● **EXERCISE INSTRUCTIONS**:
From the listing below, extract every line in which the word "Prim" appears.

[DATA FOR THE TASK]

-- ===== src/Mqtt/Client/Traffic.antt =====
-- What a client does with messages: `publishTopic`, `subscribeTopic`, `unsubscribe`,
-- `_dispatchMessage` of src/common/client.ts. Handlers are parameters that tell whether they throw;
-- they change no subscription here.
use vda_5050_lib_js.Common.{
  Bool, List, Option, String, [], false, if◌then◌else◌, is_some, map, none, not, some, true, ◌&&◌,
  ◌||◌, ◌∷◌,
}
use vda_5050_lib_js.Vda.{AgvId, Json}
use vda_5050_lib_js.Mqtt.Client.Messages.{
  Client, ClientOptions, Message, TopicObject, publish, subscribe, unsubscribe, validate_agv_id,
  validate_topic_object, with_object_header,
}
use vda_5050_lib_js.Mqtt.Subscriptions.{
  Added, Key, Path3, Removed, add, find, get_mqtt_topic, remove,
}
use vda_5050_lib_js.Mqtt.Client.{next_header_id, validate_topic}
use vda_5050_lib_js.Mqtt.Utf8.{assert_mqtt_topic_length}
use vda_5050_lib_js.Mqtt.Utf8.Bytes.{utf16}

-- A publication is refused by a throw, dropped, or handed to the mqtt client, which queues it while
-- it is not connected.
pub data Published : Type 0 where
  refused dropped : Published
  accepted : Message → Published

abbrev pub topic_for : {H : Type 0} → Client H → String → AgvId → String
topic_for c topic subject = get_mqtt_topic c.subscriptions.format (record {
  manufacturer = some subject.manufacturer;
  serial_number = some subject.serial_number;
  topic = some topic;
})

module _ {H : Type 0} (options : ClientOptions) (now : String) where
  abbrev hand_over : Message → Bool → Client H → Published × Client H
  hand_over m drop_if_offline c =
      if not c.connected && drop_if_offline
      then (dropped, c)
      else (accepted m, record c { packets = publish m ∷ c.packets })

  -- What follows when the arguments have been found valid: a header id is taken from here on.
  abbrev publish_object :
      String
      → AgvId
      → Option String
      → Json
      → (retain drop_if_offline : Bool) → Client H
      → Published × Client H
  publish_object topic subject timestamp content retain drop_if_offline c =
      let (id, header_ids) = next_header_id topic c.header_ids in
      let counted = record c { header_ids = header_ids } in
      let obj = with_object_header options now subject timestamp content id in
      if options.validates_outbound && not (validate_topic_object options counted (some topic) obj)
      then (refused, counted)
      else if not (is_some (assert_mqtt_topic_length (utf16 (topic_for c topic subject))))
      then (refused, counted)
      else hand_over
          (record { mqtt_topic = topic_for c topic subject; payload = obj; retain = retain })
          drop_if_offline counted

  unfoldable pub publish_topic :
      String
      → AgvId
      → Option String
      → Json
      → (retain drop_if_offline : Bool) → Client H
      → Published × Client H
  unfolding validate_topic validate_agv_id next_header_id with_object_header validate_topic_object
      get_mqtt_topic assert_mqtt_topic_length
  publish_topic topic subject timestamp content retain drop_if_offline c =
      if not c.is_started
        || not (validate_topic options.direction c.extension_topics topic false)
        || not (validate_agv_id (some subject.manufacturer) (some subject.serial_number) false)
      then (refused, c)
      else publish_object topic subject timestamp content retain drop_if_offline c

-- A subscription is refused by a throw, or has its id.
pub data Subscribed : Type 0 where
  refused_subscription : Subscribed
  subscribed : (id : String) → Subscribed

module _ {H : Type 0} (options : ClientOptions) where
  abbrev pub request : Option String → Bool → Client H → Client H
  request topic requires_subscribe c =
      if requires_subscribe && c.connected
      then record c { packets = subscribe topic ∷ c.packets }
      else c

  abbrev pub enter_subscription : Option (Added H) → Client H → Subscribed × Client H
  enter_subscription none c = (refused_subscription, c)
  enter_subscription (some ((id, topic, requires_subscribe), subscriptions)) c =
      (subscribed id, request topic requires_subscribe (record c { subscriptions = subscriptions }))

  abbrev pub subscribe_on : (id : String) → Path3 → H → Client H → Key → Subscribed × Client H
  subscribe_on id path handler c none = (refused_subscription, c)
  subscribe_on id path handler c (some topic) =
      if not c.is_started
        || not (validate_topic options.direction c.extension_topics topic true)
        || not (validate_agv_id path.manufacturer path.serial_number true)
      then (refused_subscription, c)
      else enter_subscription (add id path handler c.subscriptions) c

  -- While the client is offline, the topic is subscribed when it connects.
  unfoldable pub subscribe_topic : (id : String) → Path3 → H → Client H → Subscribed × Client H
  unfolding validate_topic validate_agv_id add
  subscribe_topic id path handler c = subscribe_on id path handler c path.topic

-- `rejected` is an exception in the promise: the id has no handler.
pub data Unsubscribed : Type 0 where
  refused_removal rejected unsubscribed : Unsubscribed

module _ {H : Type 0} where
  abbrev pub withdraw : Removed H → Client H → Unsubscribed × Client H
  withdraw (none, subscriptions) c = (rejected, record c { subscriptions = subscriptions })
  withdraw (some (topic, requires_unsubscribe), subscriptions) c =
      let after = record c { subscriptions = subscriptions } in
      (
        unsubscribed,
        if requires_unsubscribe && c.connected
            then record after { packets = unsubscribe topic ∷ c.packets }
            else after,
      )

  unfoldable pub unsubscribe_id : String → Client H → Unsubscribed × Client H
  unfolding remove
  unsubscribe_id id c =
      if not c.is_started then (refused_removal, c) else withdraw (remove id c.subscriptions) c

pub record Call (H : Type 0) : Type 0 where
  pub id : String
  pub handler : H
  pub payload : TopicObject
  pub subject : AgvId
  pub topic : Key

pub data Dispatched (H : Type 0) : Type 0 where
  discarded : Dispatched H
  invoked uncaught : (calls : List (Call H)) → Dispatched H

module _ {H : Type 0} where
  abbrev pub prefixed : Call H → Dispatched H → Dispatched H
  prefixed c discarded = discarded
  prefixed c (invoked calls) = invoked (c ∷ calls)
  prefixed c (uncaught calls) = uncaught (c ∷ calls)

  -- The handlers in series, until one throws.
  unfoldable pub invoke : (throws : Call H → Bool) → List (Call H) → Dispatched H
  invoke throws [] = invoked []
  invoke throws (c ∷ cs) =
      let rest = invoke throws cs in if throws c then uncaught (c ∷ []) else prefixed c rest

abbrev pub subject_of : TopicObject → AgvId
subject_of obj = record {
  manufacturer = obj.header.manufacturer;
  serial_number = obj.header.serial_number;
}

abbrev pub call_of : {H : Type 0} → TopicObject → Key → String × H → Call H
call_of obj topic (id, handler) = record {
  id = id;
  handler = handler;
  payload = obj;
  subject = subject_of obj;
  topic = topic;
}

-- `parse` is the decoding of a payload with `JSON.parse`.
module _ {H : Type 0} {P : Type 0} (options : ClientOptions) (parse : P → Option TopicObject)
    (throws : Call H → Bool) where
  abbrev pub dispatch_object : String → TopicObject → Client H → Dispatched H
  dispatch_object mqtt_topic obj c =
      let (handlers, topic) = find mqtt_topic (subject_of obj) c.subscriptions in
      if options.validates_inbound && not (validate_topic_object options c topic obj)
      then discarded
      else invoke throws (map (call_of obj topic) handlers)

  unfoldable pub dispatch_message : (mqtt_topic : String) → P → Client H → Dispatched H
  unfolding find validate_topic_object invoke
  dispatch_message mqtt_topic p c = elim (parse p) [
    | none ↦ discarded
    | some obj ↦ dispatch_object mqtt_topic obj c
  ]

[/DATA FOR THE TASK]
[DATA FOR THE TASK]

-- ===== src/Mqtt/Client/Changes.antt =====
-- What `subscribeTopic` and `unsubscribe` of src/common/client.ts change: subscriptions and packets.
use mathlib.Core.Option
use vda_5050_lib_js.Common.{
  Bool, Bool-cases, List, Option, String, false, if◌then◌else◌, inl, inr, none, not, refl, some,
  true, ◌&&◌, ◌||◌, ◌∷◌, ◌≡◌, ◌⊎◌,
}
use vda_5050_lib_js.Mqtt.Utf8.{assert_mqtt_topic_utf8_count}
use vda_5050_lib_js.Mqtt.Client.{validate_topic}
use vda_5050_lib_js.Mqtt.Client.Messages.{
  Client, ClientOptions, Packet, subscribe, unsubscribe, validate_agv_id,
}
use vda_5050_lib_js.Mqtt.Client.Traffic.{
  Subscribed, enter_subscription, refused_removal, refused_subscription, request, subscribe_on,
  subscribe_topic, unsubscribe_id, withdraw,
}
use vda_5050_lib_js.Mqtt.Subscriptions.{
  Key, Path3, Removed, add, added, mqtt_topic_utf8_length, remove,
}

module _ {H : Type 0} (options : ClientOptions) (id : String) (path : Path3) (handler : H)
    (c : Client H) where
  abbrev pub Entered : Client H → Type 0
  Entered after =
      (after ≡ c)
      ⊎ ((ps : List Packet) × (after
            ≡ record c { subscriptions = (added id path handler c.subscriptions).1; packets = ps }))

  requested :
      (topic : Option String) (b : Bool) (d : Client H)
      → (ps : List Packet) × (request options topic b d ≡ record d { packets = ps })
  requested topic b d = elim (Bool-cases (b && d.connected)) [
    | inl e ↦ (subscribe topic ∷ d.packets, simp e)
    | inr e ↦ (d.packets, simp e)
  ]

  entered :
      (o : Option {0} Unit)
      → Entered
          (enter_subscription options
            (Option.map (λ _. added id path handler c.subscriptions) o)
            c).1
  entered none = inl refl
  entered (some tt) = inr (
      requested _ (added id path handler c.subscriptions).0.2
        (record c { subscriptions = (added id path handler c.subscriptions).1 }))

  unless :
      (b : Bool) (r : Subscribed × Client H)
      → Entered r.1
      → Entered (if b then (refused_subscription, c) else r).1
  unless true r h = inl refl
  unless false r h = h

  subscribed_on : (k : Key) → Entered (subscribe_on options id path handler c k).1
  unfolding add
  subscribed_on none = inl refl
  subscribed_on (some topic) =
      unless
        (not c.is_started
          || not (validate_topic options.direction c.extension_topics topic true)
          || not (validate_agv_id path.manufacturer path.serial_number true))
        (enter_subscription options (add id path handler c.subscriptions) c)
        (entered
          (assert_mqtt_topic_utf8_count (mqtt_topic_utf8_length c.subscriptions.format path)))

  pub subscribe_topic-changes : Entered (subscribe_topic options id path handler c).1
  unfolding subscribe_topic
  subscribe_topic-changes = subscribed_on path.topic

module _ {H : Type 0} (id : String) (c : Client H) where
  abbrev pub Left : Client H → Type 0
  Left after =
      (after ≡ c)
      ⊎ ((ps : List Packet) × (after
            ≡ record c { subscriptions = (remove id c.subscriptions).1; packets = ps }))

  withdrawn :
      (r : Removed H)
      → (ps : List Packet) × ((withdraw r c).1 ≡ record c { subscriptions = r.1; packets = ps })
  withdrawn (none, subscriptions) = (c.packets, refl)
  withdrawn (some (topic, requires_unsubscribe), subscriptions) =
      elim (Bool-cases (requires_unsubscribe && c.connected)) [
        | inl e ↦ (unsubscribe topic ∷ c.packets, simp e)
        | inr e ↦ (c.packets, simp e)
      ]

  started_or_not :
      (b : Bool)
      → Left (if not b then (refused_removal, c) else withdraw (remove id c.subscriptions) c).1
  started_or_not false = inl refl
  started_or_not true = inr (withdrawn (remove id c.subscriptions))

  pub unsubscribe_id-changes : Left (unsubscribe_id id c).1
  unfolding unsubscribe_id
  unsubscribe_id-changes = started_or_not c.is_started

[/DATA FOR THE TASK]
[DATA FOR THE TASK]

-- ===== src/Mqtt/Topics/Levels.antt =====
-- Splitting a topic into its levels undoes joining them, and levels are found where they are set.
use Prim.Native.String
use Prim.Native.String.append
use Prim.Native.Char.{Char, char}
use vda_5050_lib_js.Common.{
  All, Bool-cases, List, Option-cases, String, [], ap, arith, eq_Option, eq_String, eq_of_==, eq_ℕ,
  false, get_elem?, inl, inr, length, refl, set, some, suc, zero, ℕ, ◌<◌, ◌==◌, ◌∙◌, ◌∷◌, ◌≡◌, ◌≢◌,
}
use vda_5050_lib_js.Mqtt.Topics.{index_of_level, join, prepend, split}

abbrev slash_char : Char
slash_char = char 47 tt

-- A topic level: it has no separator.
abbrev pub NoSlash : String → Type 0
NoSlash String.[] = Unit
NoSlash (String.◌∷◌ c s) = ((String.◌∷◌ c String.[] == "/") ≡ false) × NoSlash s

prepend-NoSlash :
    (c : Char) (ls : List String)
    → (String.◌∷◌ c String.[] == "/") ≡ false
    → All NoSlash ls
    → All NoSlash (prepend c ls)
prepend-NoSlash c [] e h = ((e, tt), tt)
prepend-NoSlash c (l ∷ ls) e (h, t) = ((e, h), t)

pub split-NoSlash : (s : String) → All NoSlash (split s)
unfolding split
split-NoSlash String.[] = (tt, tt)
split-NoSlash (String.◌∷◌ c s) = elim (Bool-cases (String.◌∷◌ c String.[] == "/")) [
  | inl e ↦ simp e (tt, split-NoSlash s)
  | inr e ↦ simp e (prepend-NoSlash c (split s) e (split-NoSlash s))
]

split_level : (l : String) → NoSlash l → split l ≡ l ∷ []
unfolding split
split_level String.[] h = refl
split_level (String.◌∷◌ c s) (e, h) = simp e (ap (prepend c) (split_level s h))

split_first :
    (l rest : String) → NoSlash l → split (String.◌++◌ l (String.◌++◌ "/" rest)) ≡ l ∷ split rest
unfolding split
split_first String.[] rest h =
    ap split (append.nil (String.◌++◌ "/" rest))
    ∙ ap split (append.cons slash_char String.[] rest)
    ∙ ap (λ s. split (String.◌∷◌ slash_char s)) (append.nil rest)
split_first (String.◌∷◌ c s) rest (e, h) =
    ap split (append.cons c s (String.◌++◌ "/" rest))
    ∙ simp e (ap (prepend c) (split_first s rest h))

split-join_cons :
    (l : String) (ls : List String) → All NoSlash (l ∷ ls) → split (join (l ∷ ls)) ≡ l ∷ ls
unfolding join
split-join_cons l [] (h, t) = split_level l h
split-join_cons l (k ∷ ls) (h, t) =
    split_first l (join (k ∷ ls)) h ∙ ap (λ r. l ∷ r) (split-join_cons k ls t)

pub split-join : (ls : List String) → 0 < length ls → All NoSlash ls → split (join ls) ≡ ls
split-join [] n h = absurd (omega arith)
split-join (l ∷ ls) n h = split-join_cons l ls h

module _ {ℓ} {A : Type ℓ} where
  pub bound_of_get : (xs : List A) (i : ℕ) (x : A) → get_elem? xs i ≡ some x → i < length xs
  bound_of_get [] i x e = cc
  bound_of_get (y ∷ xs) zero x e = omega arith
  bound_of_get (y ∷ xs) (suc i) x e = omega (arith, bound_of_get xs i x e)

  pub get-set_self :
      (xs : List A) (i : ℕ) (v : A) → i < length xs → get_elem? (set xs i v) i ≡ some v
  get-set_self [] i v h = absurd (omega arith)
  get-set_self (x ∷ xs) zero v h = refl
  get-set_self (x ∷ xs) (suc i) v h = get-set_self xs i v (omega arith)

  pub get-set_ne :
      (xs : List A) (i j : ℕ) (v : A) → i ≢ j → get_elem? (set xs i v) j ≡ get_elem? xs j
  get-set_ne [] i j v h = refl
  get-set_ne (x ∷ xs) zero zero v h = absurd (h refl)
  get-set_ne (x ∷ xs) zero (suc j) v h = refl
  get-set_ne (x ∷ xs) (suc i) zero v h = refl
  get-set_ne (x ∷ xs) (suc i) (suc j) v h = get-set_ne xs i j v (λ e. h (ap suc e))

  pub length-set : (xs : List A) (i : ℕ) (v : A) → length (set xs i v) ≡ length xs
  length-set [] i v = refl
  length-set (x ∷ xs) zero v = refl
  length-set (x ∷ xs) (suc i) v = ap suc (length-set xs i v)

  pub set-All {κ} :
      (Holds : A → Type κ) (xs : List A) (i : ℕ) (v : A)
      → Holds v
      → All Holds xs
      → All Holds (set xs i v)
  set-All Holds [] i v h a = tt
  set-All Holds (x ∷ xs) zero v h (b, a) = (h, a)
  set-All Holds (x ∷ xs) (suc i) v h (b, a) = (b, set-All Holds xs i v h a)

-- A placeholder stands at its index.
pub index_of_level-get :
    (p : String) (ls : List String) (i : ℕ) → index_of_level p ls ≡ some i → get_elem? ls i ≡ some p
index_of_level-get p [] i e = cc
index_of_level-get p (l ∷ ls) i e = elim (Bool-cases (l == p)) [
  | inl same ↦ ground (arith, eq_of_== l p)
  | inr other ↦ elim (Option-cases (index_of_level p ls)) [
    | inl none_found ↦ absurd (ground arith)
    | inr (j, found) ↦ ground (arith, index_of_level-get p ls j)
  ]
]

[/DATA FOR THE TASK]

● **ANSWER SPACE**:
use Prim.Native.String
use Prim.Native.String.append
use Prim.Native.Char.{Char, char}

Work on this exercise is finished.